* **DATASET RECORDS**
● ● ● ● ● ● ●
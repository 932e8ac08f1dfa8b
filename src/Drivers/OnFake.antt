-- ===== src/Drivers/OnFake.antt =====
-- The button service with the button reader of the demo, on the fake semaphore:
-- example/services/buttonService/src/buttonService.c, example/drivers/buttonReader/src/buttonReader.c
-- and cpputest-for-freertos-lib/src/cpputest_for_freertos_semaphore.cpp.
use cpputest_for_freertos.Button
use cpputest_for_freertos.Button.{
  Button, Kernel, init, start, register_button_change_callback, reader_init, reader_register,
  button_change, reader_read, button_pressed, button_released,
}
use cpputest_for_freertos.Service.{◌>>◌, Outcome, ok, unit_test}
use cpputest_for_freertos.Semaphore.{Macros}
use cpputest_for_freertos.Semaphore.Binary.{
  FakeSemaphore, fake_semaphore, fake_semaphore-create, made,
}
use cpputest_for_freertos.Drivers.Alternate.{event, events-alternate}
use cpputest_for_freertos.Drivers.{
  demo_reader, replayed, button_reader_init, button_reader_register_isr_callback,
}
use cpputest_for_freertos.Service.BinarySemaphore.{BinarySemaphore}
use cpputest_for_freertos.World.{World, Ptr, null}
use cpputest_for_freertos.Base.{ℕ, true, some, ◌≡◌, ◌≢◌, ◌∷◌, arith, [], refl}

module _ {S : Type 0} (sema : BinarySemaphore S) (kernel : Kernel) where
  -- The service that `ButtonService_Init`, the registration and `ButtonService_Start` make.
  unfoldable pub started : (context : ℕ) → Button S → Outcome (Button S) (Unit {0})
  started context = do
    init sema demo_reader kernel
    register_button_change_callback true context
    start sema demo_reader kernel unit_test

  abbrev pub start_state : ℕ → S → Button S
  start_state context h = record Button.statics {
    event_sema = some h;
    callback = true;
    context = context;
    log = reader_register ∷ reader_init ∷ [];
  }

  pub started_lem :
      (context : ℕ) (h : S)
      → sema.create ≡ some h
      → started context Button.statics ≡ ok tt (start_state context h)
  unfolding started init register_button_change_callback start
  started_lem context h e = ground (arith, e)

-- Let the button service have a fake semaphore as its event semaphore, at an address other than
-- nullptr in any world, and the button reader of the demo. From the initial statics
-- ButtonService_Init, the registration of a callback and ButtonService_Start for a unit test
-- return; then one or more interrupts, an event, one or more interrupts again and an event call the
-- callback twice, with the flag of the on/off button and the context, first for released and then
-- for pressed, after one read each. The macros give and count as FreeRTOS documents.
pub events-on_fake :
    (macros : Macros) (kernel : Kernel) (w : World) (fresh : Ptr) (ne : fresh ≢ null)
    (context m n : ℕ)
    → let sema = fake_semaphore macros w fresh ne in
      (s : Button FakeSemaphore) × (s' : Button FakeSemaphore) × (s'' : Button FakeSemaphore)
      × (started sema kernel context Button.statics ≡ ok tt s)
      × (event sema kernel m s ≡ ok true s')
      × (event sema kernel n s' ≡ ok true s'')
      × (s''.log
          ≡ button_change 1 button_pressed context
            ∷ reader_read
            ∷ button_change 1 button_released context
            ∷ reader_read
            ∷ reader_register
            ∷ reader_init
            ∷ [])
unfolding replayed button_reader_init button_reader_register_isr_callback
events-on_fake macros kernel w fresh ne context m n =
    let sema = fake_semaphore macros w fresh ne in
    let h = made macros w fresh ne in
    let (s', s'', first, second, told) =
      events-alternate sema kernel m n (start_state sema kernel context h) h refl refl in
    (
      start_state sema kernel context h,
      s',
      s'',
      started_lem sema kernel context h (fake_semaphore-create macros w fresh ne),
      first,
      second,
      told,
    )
● ● ● ● ● ● ●
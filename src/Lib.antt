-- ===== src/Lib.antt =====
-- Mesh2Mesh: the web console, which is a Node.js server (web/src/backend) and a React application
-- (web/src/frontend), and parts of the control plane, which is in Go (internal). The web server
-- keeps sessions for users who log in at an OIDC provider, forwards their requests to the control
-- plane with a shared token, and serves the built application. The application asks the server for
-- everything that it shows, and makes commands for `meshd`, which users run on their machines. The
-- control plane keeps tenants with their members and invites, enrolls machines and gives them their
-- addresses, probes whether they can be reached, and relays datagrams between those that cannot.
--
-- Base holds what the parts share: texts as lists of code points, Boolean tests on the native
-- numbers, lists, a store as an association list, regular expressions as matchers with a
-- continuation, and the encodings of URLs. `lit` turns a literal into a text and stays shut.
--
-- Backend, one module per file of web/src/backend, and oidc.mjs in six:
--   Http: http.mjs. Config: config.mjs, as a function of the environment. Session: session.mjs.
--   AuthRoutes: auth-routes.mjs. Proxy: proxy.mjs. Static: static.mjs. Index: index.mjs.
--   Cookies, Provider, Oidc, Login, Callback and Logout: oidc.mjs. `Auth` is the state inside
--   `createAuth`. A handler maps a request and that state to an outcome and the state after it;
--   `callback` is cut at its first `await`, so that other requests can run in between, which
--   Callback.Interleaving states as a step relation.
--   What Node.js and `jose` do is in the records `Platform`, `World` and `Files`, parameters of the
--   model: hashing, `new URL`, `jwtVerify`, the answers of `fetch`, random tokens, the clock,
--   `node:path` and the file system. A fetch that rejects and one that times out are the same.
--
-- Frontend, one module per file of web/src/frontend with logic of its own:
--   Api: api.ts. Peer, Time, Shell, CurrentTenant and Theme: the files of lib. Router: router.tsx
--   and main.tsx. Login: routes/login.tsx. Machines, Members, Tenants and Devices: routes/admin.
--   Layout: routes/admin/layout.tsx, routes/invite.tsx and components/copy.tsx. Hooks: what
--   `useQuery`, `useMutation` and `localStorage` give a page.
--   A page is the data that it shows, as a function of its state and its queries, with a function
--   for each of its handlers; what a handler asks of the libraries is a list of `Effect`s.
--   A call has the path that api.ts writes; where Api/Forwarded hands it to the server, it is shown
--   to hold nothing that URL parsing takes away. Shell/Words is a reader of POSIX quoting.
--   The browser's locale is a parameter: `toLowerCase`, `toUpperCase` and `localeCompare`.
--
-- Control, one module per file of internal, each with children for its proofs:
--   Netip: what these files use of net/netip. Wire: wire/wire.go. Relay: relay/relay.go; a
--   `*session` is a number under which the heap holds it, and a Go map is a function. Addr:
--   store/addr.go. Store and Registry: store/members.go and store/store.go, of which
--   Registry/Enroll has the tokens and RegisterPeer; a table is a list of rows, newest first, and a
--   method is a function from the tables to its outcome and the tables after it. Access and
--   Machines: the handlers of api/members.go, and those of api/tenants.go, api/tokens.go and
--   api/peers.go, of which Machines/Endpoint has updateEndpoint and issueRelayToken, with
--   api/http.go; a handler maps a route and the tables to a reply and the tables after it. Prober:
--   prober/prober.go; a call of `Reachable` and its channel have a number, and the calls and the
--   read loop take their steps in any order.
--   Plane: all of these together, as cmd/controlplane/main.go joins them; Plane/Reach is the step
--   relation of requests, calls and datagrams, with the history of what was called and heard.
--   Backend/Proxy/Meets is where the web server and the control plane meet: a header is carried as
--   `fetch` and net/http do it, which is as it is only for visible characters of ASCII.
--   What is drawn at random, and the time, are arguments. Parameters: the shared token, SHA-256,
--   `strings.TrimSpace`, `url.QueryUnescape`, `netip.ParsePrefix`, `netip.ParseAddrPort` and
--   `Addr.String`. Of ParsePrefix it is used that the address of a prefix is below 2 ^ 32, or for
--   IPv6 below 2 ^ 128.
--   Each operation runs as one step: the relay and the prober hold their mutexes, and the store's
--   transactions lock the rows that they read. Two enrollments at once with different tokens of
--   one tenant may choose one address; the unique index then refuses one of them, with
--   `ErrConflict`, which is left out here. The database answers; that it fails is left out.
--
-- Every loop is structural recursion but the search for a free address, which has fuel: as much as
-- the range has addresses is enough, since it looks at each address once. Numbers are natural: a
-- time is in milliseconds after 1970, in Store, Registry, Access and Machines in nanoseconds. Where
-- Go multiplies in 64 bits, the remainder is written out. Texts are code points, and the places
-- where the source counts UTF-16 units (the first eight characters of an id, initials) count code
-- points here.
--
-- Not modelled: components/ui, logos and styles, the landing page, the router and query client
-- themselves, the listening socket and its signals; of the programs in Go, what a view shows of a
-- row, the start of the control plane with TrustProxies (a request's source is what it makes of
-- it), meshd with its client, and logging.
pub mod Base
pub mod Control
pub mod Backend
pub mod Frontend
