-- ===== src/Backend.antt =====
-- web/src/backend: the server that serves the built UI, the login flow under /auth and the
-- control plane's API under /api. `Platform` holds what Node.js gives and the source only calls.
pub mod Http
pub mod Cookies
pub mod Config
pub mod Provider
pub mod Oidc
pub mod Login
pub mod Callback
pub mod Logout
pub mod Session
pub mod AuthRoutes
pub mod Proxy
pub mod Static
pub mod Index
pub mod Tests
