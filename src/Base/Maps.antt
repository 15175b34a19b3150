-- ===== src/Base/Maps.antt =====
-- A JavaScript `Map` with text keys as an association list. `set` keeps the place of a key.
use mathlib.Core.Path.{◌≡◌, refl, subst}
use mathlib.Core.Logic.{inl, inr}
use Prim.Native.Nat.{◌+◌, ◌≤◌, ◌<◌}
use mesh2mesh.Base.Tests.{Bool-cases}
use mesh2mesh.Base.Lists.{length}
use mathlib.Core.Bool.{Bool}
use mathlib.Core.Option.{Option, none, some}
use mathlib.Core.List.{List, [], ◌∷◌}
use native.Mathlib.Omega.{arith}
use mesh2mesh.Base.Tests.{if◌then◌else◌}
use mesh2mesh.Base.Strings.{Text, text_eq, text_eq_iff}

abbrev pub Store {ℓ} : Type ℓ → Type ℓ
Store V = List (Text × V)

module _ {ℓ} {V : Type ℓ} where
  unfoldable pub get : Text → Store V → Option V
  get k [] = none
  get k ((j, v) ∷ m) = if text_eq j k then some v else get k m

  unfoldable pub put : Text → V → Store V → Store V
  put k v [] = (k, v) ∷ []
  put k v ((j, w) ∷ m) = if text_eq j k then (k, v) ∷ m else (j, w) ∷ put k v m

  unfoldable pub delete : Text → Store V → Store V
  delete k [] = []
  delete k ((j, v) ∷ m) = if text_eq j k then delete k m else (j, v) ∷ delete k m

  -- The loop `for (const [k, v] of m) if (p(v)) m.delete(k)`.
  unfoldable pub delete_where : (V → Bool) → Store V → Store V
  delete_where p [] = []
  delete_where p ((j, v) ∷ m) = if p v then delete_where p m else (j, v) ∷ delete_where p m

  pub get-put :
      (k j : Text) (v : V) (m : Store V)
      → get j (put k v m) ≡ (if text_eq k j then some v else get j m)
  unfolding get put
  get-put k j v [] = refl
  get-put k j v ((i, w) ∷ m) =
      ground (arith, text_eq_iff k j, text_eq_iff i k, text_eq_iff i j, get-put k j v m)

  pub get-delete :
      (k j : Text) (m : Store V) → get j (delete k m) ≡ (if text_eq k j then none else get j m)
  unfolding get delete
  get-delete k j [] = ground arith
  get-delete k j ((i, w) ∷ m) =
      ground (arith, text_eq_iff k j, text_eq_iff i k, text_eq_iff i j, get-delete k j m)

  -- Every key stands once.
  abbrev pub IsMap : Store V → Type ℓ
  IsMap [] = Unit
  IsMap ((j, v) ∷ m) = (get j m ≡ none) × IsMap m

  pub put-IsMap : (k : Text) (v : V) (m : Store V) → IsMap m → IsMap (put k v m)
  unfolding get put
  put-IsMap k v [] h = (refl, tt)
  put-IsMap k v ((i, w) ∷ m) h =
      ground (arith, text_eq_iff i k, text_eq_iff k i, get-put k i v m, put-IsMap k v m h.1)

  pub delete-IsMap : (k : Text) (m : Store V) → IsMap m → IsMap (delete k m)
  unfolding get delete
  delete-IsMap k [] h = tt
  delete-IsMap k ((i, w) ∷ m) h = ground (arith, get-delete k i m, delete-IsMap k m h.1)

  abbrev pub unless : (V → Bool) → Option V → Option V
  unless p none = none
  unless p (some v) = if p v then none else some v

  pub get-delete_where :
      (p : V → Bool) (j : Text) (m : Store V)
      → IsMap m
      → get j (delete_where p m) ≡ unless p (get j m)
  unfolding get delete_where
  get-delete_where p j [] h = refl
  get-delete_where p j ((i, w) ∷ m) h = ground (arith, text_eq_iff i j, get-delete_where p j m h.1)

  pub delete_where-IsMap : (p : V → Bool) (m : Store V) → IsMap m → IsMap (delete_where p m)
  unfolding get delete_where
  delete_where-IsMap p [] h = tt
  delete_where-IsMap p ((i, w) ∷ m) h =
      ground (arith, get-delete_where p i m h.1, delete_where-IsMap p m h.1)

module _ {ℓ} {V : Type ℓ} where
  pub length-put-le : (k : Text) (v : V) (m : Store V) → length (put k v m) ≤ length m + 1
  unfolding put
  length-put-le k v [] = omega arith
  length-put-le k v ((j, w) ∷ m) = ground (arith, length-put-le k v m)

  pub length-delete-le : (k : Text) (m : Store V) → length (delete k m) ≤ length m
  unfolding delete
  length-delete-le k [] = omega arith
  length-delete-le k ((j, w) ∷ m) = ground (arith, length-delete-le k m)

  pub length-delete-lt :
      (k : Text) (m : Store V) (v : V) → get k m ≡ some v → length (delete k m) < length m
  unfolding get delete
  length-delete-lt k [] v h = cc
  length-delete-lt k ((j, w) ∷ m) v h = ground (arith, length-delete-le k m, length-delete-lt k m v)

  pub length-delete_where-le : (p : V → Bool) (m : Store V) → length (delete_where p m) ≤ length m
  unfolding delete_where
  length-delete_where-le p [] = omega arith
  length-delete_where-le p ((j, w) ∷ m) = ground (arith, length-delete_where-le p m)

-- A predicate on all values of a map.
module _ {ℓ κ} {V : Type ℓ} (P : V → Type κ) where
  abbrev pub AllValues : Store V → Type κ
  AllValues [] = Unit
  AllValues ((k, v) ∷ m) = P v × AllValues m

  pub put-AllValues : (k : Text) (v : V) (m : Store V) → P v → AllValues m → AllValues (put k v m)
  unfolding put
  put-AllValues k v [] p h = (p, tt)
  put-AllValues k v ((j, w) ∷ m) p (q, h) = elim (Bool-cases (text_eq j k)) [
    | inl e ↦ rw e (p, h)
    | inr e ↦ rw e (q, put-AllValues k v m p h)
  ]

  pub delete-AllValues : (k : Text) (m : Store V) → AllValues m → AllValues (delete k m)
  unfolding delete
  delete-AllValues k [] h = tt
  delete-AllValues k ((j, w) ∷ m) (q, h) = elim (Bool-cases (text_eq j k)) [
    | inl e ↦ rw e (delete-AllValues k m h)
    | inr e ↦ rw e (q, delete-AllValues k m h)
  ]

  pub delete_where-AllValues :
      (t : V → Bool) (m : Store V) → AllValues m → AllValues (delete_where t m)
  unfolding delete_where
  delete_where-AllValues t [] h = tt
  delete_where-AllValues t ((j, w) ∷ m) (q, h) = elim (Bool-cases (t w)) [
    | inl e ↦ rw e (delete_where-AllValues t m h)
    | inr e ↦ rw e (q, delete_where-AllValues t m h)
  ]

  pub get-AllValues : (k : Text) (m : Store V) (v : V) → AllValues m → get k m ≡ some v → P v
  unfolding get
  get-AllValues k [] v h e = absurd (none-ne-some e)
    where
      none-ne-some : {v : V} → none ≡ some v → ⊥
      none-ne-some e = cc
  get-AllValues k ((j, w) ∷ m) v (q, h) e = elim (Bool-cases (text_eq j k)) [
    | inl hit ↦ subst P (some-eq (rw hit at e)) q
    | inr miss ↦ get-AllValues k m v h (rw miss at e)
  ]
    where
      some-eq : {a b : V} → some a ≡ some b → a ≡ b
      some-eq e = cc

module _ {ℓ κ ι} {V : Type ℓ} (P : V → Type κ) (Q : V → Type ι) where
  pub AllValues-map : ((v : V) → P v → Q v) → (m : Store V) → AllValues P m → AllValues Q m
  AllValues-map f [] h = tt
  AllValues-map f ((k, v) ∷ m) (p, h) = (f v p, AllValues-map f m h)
● ● ● ● ● ● ●
* **WORK REQUIRED**
Above are the records. Print exactly, and only, the lines from the line with "get-AllValues k ((j, w)" to the line with "AllValues-map f ((k, v)", both inclusive.

* **RESPONSE TO THIS EXERCISE**
  get-AllValues k ((j, w) ∷ m) v (q, h) e = elim (Bool-cases (text_eq j k)) [
    | inl hit ↦ subst P (some-eq (rw hit at e)) q
    | inr miss ↦ get-AllValues k m v h (rw miss at e)
  ]
    where
      some-eq : {a b : V} → some a ≡ some b → a ≡ b
      some-eq e = cc

module _ {ℓ κ ι} {V : Type ℓ} (P : V → Type κ) (Q : V → Type ι) where
  pub AllValues-map : ((v : V) → P v → Q v) → (m : Store V) → AllValues P m → AllValues Q m
  AllValues-map f [] h = tt
  AllValues-map f ((k, v) ∷ m) (p, h) = (f v p, AllValues-map f m h)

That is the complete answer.